- _Provided records_:
--- START ---
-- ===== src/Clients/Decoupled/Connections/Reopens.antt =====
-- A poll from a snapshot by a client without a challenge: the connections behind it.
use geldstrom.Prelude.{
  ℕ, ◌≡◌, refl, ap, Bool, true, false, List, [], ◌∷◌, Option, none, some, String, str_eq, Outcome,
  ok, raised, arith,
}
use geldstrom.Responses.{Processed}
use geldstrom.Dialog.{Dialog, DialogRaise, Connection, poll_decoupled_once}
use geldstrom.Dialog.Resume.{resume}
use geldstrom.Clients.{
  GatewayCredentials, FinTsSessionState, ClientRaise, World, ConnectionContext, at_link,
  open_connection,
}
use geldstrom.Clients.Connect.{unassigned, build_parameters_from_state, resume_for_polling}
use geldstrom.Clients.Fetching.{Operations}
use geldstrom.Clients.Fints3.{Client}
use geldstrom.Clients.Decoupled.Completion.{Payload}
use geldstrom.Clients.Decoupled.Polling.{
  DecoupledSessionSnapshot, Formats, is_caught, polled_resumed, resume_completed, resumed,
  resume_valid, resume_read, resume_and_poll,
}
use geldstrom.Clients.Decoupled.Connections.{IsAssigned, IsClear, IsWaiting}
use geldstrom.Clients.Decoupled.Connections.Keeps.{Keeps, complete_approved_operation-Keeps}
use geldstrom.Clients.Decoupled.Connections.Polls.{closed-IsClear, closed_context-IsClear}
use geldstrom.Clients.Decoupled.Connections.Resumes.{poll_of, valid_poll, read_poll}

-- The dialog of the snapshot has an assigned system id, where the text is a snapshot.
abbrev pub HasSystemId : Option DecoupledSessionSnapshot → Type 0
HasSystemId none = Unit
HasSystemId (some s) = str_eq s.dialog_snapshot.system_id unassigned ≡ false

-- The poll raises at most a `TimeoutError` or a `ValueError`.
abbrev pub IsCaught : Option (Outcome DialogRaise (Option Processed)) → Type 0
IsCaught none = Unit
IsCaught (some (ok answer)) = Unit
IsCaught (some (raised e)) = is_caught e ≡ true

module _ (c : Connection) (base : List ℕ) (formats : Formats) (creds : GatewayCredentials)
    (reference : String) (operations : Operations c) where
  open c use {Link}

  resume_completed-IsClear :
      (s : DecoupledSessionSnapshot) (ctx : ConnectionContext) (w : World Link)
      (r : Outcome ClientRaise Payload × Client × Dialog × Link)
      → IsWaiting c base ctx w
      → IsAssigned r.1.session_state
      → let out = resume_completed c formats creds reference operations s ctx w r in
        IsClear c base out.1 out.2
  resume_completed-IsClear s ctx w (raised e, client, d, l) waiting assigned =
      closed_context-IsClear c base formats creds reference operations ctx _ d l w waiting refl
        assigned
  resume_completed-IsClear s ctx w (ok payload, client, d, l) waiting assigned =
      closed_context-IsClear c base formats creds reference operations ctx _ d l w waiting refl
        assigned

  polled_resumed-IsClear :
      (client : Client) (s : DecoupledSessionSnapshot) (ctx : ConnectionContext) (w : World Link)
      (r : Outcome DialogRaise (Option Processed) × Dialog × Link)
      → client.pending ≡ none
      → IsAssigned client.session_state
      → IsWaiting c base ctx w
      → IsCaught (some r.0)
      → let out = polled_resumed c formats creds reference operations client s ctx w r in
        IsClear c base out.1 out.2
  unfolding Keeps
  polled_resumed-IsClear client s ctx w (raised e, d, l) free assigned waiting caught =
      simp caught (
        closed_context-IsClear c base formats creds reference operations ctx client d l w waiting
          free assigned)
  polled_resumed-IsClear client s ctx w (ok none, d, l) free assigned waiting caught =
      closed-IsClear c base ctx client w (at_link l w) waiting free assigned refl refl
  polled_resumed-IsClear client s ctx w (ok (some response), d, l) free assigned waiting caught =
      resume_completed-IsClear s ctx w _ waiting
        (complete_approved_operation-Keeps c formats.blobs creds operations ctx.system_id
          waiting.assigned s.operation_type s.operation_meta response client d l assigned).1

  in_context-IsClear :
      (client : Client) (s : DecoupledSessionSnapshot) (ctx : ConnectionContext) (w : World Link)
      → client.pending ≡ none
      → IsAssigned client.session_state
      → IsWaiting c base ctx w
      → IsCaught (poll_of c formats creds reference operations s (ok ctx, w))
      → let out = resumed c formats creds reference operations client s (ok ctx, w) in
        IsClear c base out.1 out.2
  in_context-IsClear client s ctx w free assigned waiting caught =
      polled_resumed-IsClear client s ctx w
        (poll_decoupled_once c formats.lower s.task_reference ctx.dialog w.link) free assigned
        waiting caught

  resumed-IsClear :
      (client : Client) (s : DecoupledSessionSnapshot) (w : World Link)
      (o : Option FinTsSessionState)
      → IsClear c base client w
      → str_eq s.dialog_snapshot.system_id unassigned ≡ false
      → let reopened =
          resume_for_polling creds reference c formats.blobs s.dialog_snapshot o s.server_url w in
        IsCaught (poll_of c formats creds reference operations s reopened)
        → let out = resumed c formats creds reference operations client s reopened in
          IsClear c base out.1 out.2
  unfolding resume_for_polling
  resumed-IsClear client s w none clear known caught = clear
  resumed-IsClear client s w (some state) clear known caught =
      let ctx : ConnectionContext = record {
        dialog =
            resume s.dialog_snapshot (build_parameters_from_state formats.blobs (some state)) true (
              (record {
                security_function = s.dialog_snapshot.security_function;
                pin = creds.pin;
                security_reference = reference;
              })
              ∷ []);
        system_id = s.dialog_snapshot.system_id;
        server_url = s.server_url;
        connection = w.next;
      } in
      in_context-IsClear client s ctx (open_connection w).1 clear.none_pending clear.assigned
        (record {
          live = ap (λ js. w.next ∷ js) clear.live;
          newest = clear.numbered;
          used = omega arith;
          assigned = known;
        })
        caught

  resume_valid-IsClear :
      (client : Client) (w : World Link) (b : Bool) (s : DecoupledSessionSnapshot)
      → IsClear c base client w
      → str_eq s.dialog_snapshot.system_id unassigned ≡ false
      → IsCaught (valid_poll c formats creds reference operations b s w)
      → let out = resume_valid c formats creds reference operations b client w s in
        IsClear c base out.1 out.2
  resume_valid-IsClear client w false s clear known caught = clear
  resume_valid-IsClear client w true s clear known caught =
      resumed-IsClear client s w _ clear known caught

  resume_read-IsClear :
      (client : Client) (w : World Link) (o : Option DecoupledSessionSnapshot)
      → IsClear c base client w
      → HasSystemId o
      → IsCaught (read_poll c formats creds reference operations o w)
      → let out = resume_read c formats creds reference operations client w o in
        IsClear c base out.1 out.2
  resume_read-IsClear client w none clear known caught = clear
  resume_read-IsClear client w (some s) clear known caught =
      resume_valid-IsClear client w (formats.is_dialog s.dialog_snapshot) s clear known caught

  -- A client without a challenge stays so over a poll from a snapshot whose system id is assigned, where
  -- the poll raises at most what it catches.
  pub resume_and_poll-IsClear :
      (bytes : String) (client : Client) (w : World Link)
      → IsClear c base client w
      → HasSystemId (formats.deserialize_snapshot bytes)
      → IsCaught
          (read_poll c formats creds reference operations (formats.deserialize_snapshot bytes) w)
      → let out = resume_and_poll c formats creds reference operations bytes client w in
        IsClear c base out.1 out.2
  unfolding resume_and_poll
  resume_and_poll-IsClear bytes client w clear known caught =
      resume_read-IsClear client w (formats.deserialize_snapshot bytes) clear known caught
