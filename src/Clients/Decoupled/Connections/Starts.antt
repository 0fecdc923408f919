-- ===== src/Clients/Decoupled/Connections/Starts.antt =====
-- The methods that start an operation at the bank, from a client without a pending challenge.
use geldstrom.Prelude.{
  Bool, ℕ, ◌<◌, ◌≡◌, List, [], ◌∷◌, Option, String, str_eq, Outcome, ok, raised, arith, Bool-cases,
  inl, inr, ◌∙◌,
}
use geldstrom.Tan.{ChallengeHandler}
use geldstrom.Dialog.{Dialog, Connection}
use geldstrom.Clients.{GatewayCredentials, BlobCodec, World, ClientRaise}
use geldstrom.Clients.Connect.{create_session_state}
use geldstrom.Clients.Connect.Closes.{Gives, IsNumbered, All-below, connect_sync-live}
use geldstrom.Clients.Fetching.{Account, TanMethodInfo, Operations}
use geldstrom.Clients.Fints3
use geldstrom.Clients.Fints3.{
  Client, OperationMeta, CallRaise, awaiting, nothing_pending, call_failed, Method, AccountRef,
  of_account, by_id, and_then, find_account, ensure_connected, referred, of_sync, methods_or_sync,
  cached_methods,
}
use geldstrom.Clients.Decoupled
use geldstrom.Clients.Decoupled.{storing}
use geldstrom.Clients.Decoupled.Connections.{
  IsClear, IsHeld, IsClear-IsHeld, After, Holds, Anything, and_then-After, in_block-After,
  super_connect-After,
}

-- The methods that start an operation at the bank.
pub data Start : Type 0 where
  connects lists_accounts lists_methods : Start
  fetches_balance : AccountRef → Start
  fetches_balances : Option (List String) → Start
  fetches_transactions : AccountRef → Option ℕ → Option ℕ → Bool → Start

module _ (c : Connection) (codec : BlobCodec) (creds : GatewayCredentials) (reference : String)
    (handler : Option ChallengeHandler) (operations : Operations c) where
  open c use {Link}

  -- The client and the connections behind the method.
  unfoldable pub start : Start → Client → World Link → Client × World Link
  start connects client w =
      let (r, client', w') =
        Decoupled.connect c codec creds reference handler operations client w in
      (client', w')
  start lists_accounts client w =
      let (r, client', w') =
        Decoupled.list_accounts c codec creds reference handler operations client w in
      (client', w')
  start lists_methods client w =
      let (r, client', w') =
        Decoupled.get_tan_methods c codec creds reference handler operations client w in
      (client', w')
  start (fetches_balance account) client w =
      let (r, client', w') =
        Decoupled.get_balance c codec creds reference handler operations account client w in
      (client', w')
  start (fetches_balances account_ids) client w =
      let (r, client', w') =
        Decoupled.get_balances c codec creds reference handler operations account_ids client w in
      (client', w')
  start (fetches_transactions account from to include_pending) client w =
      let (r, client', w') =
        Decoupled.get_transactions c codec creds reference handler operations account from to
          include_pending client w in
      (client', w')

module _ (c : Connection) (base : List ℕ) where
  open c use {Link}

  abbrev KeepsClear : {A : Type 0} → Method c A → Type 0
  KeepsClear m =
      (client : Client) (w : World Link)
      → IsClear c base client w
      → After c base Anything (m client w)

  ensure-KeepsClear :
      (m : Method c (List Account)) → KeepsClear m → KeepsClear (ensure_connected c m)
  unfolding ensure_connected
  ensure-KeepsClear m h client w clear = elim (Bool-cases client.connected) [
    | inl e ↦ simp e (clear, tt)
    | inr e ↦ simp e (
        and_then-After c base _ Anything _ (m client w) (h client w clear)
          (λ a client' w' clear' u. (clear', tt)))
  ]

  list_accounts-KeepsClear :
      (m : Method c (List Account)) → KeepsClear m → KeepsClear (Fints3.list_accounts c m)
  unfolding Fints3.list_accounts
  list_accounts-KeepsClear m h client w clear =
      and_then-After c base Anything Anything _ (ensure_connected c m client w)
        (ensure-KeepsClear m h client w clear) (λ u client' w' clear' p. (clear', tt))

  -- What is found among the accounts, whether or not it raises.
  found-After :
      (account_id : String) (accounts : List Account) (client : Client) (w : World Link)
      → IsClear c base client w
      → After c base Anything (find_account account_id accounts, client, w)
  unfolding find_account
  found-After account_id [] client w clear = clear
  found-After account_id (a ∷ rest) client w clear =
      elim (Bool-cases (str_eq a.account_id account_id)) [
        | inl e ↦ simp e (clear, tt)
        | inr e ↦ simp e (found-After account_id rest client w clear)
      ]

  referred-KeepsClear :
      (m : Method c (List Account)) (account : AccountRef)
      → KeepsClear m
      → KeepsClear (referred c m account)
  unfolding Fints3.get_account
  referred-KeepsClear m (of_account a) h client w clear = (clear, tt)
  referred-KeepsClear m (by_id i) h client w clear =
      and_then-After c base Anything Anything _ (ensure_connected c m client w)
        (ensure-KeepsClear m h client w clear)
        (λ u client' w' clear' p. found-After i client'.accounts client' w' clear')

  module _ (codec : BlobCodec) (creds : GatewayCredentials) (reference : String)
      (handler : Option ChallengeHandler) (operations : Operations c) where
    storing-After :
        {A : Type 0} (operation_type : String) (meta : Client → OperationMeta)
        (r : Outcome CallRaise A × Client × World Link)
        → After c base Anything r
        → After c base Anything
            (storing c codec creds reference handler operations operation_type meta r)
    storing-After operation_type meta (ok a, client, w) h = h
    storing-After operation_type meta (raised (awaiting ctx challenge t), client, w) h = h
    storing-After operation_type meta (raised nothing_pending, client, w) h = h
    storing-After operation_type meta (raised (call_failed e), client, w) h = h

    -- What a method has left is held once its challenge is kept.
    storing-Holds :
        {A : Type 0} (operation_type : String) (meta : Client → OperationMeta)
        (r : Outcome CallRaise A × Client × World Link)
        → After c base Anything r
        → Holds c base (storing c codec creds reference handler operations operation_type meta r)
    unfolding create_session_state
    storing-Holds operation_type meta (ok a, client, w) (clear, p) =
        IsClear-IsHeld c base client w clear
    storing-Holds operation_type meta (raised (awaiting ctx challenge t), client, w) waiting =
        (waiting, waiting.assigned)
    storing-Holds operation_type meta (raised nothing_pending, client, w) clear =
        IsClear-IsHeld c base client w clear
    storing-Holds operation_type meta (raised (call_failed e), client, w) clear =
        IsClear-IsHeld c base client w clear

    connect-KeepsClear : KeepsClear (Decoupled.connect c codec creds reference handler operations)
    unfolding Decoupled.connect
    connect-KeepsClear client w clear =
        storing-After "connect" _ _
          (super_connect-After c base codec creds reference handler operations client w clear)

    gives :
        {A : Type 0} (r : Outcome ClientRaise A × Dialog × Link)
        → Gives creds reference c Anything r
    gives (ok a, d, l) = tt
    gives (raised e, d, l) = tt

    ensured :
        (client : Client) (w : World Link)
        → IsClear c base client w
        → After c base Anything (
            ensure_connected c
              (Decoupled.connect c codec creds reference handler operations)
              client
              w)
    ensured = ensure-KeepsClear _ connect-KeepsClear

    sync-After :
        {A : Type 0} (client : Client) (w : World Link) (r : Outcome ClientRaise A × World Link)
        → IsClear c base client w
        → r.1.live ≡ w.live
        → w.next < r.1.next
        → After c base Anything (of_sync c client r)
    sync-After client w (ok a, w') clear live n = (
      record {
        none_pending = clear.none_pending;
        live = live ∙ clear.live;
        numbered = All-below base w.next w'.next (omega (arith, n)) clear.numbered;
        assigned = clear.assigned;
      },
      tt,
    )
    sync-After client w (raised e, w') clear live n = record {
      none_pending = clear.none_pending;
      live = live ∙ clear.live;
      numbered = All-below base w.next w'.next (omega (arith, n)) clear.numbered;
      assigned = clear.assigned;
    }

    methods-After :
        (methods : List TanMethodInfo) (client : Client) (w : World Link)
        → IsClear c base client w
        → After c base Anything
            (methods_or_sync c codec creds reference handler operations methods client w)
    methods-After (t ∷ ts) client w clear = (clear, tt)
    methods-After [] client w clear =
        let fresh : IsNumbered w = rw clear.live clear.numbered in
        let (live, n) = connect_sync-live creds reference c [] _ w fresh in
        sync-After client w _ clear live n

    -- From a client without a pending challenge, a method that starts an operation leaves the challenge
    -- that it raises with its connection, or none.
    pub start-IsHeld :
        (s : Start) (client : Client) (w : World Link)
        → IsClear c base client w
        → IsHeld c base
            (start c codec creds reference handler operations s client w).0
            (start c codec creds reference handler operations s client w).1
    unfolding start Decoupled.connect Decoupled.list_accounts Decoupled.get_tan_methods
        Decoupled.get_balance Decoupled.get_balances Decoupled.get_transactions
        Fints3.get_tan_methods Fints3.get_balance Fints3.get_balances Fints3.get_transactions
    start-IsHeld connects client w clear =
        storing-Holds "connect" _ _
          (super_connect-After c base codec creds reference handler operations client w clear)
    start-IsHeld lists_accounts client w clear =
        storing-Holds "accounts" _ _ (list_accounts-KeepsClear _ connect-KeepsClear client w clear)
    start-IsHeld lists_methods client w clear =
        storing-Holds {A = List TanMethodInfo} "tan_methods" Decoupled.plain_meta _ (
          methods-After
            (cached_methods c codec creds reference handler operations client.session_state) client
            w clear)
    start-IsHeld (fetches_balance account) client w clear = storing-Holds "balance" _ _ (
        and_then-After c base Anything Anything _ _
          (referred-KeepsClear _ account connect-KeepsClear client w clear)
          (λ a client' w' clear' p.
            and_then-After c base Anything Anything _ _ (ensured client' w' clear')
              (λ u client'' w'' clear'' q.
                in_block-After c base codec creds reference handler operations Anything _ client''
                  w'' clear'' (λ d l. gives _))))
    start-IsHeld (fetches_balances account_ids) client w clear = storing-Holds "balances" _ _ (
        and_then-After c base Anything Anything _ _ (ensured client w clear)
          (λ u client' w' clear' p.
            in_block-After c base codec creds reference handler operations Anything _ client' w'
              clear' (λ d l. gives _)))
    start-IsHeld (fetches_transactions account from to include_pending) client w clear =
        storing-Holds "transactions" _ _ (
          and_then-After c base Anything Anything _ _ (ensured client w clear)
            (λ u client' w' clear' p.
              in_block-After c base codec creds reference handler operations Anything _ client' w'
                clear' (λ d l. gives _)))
--- END ---
- _Your assignment_: Print exactly the lines above, between the one holding "unfoldable pub start" and the one holding "start (fetches_balance account)", inclusive, and nothing besides.

- _Task response_:
  unfoldable pub start : Start → Client → World Link → Client × World Link
  start connects client w =
      let (r, client', w') =
        Decoupled.connect c codec creds reference handler operations client w in
      (client', w')
  start lists_accounts client w =
      let (r, client', w') =
        Decoupled.list_accounts c codec creds reference handler operations client w in
      (client', w')
  start lists_methods client w =
      let (r, client', w') =
        Decoupled.get_tan_methods c codec creds reference handler operations client w in
      (client', w')
  start (fetches_balance account) client w =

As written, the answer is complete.